Problem to work on:
Find the line with "-- sort.Slice: what" and the line with "more_tokens v w" in the entries below; output exactly those two lines, every line between them, and no others.

(Dataset entries)
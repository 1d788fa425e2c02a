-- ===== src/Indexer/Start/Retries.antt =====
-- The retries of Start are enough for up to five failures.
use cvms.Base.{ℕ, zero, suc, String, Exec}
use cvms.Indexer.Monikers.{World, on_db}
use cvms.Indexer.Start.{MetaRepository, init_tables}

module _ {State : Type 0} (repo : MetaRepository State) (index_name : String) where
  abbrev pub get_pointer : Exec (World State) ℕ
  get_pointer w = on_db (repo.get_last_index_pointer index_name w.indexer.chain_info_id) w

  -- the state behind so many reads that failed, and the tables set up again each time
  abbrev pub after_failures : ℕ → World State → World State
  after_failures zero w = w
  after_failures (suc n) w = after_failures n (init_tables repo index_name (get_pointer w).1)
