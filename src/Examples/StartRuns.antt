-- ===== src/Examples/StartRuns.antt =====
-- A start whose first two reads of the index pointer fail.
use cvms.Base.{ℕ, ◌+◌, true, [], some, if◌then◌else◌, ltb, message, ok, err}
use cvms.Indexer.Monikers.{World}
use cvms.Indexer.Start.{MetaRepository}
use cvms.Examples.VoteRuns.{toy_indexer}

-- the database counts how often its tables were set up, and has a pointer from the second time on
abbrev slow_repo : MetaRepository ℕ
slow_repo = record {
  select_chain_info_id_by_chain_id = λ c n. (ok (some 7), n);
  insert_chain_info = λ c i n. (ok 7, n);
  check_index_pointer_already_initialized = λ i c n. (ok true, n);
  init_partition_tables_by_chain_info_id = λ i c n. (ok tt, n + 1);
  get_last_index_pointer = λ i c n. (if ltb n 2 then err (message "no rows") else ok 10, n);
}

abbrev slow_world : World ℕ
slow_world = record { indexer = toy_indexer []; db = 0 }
---
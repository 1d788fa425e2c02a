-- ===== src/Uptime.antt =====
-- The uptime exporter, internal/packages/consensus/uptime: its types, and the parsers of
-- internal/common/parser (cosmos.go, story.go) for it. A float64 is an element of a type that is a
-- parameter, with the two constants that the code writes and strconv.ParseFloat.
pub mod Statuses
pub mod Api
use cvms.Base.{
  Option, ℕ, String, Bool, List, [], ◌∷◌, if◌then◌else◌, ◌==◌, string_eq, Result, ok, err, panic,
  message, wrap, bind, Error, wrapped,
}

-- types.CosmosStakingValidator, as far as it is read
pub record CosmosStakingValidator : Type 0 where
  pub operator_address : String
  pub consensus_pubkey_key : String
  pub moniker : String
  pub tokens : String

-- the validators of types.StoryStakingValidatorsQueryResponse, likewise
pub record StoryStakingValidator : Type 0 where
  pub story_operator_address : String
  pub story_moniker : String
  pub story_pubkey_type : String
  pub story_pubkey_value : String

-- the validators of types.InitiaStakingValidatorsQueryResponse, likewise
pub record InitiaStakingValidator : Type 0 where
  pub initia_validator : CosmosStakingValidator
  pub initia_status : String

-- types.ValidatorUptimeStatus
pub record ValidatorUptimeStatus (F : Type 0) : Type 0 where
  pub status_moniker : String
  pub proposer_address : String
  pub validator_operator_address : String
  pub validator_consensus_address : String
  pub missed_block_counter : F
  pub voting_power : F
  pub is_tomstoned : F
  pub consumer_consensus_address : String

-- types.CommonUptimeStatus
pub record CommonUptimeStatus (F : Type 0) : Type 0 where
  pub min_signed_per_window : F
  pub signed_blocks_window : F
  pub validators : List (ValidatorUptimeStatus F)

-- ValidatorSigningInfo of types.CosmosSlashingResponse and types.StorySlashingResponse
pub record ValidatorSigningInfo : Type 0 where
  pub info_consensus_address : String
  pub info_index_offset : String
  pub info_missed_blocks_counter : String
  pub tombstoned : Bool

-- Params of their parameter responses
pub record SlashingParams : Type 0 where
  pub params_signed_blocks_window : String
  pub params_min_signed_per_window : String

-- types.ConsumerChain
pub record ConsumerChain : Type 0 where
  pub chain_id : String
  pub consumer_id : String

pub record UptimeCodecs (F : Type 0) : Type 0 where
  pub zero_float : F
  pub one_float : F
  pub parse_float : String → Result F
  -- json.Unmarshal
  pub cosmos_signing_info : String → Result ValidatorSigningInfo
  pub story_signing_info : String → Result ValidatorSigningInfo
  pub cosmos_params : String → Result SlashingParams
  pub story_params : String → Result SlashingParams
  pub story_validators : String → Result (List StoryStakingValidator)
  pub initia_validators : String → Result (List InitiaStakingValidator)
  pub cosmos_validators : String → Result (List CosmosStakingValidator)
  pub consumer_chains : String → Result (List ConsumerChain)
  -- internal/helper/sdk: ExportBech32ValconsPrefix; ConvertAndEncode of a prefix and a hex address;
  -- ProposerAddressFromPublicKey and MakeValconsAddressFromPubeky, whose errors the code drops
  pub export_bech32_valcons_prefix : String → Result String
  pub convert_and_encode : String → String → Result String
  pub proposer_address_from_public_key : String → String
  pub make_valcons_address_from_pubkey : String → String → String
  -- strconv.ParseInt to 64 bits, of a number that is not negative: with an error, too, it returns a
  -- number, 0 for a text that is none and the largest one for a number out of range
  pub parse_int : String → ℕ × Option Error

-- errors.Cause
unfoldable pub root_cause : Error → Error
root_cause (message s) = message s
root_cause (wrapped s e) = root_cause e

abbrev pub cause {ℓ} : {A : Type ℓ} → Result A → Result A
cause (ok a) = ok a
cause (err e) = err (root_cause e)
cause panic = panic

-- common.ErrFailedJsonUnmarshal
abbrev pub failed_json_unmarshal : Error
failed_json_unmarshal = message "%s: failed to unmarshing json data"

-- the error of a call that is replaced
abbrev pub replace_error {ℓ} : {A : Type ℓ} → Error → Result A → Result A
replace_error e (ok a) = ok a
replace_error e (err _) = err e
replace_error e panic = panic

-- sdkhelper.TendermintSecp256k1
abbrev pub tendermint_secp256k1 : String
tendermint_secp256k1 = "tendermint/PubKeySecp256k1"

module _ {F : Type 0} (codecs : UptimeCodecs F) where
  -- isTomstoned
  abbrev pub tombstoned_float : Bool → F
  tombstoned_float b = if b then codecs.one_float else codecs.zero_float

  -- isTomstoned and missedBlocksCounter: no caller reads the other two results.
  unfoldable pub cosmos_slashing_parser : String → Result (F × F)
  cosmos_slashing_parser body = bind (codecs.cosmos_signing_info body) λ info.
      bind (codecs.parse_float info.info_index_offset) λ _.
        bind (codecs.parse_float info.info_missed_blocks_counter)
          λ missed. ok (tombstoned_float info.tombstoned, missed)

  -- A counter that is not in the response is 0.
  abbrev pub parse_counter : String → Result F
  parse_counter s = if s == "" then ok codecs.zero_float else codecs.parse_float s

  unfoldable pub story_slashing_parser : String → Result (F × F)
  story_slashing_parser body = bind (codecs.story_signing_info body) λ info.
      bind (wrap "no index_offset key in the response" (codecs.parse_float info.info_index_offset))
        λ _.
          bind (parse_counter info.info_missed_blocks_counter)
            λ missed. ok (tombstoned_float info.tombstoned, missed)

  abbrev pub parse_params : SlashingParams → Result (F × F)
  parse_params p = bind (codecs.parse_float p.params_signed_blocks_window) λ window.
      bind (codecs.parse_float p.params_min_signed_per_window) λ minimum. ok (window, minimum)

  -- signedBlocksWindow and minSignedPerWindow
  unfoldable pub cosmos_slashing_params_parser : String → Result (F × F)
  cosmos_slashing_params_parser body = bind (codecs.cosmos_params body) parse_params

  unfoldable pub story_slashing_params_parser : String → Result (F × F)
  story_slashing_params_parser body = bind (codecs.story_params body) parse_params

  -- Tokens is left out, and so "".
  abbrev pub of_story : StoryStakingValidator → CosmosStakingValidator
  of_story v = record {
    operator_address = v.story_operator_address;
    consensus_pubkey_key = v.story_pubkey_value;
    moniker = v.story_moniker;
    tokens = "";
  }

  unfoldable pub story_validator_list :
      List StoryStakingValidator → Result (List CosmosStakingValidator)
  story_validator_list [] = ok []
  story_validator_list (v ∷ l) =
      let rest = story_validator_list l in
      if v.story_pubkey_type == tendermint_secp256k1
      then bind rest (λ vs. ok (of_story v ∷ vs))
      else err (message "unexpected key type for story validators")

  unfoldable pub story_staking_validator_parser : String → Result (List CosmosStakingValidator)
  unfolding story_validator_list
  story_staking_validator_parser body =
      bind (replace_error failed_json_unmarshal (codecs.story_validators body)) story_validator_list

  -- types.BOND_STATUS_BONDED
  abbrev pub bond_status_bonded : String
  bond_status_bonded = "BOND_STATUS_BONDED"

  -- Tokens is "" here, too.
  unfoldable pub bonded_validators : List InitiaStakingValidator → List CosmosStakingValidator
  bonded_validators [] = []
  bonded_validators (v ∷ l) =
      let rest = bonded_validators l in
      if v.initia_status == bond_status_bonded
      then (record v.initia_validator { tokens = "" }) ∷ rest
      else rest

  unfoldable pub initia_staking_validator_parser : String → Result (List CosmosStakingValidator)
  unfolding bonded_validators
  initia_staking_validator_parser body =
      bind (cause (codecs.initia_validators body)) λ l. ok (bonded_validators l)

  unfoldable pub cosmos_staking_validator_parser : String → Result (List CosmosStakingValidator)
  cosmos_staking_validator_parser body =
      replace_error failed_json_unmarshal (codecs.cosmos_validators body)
...
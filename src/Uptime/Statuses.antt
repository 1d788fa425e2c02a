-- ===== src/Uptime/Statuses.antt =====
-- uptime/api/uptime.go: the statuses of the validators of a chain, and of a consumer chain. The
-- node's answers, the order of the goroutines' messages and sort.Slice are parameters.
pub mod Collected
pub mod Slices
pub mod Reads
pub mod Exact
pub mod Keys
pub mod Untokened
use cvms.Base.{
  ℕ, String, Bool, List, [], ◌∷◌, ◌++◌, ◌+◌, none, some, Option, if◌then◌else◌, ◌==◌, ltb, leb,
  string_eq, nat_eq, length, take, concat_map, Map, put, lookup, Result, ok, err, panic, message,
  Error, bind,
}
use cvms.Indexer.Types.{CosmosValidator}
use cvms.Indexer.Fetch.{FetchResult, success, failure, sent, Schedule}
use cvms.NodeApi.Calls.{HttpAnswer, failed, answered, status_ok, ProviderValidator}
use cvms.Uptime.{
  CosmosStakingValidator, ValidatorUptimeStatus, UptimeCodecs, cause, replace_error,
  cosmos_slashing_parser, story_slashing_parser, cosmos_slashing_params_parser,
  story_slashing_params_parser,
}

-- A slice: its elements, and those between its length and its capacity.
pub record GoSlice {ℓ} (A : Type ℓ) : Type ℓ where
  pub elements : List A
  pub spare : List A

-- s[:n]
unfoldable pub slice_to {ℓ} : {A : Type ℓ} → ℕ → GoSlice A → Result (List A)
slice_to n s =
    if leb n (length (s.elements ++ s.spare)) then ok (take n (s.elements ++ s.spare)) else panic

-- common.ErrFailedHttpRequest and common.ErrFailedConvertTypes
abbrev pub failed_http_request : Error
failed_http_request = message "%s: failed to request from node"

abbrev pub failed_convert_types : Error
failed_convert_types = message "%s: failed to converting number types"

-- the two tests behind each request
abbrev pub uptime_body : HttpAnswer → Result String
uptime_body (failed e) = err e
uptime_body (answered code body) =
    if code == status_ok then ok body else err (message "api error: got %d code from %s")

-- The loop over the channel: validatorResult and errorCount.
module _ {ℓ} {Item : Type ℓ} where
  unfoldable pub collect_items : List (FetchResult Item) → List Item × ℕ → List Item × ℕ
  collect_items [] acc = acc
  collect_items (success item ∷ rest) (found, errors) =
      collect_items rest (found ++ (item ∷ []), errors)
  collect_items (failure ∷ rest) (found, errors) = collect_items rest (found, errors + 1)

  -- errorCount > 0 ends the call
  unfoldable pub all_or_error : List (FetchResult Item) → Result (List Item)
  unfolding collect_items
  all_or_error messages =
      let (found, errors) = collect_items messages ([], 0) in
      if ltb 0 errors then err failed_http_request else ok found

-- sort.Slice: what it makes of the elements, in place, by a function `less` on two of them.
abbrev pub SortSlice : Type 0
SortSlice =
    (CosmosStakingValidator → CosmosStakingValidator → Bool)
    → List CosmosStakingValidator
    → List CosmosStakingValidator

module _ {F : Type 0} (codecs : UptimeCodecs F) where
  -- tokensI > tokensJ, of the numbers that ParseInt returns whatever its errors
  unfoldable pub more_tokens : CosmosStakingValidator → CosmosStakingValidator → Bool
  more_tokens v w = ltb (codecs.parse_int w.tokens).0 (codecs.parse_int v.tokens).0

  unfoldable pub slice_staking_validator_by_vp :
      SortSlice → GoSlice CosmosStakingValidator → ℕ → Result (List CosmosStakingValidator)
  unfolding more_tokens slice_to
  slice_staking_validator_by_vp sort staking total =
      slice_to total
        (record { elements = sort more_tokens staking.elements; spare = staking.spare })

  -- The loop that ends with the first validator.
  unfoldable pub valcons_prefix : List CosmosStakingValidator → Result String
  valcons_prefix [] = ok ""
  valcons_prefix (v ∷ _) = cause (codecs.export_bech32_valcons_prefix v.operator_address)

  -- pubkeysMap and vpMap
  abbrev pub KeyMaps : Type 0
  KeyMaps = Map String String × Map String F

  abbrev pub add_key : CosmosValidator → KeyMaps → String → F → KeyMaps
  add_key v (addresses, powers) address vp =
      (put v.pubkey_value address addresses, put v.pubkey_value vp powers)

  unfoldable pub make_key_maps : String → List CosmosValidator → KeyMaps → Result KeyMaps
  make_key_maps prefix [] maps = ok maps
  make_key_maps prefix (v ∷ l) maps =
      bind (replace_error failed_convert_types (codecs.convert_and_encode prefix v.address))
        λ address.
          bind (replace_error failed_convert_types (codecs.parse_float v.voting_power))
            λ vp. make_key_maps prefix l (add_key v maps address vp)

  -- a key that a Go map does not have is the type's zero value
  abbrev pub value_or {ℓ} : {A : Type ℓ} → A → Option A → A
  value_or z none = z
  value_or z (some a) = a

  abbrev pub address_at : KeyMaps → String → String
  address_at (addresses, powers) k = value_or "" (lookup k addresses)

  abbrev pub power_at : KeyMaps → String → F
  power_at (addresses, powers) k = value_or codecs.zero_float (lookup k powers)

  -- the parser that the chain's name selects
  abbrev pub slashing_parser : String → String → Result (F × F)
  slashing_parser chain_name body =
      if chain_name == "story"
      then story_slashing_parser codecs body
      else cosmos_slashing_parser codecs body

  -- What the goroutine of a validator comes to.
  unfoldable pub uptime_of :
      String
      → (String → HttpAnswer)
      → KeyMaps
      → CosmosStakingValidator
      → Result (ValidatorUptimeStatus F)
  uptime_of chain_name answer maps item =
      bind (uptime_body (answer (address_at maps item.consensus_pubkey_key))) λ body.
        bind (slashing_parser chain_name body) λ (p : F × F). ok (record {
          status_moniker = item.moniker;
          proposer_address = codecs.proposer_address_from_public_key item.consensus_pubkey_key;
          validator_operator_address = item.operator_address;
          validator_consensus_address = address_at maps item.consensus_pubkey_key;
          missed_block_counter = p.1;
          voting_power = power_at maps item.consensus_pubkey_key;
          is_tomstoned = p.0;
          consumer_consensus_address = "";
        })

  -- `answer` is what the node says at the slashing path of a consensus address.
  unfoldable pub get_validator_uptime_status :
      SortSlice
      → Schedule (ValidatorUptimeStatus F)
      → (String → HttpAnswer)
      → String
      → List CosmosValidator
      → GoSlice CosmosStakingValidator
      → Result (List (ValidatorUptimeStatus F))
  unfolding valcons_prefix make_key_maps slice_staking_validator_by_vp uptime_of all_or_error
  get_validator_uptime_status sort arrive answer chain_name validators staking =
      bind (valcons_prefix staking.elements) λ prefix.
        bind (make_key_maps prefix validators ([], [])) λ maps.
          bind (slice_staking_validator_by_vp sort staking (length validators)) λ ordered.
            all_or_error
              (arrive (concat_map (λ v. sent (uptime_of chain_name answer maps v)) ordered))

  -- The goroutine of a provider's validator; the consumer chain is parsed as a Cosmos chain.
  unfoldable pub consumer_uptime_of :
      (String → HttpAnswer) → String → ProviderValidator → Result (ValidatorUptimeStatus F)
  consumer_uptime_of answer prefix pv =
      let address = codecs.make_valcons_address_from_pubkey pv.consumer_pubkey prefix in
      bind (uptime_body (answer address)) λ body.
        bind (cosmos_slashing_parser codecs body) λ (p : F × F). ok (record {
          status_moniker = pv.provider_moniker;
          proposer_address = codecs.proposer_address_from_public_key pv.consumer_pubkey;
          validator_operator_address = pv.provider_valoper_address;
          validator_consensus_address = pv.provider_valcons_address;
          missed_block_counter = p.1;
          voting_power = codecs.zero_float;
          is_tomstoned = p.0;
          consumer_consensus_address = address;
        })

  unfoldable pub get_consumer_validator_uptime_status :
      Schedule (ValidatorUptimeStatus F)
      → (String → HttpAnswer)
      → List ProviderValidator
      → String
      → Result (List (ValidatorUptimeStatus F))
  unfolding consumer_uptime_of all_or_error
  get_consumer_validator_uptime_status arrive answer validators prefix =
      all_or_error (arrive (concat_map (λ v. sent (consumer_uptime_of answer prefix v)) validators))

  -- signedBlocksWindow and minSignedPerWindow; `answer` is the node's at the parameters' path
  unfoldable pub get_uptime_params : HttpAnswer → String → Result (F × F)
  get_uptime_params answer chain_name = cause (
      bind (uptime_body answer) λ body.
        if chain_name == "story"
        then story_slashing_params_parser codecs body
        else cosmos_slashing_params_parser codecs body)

Your response:
-- sort.Slice: what it makes of the elements, in place, by a function `less` on two of them.
abbrev pub SortSlice : Type 0
SortSlice =
    (CosmosStakingValidator → CosmosStakingValidator → Bool)
    → List CosmosStakingValidator
    → List CosmosStakingValidator

module _ {F : Type 0} (codecs : UptimeCodecs F) where
  -- tokensI > tokensJ, of the numbers that ParseInt returns whatever its errors
  unfoldable pub more_tokens : CosmosStakingValidator → CosmosStakingValidator → Bool
  more_tokens v w = ltb (codecs.parse_int w.tokens).0 (codecs.parse_int v.tokens).0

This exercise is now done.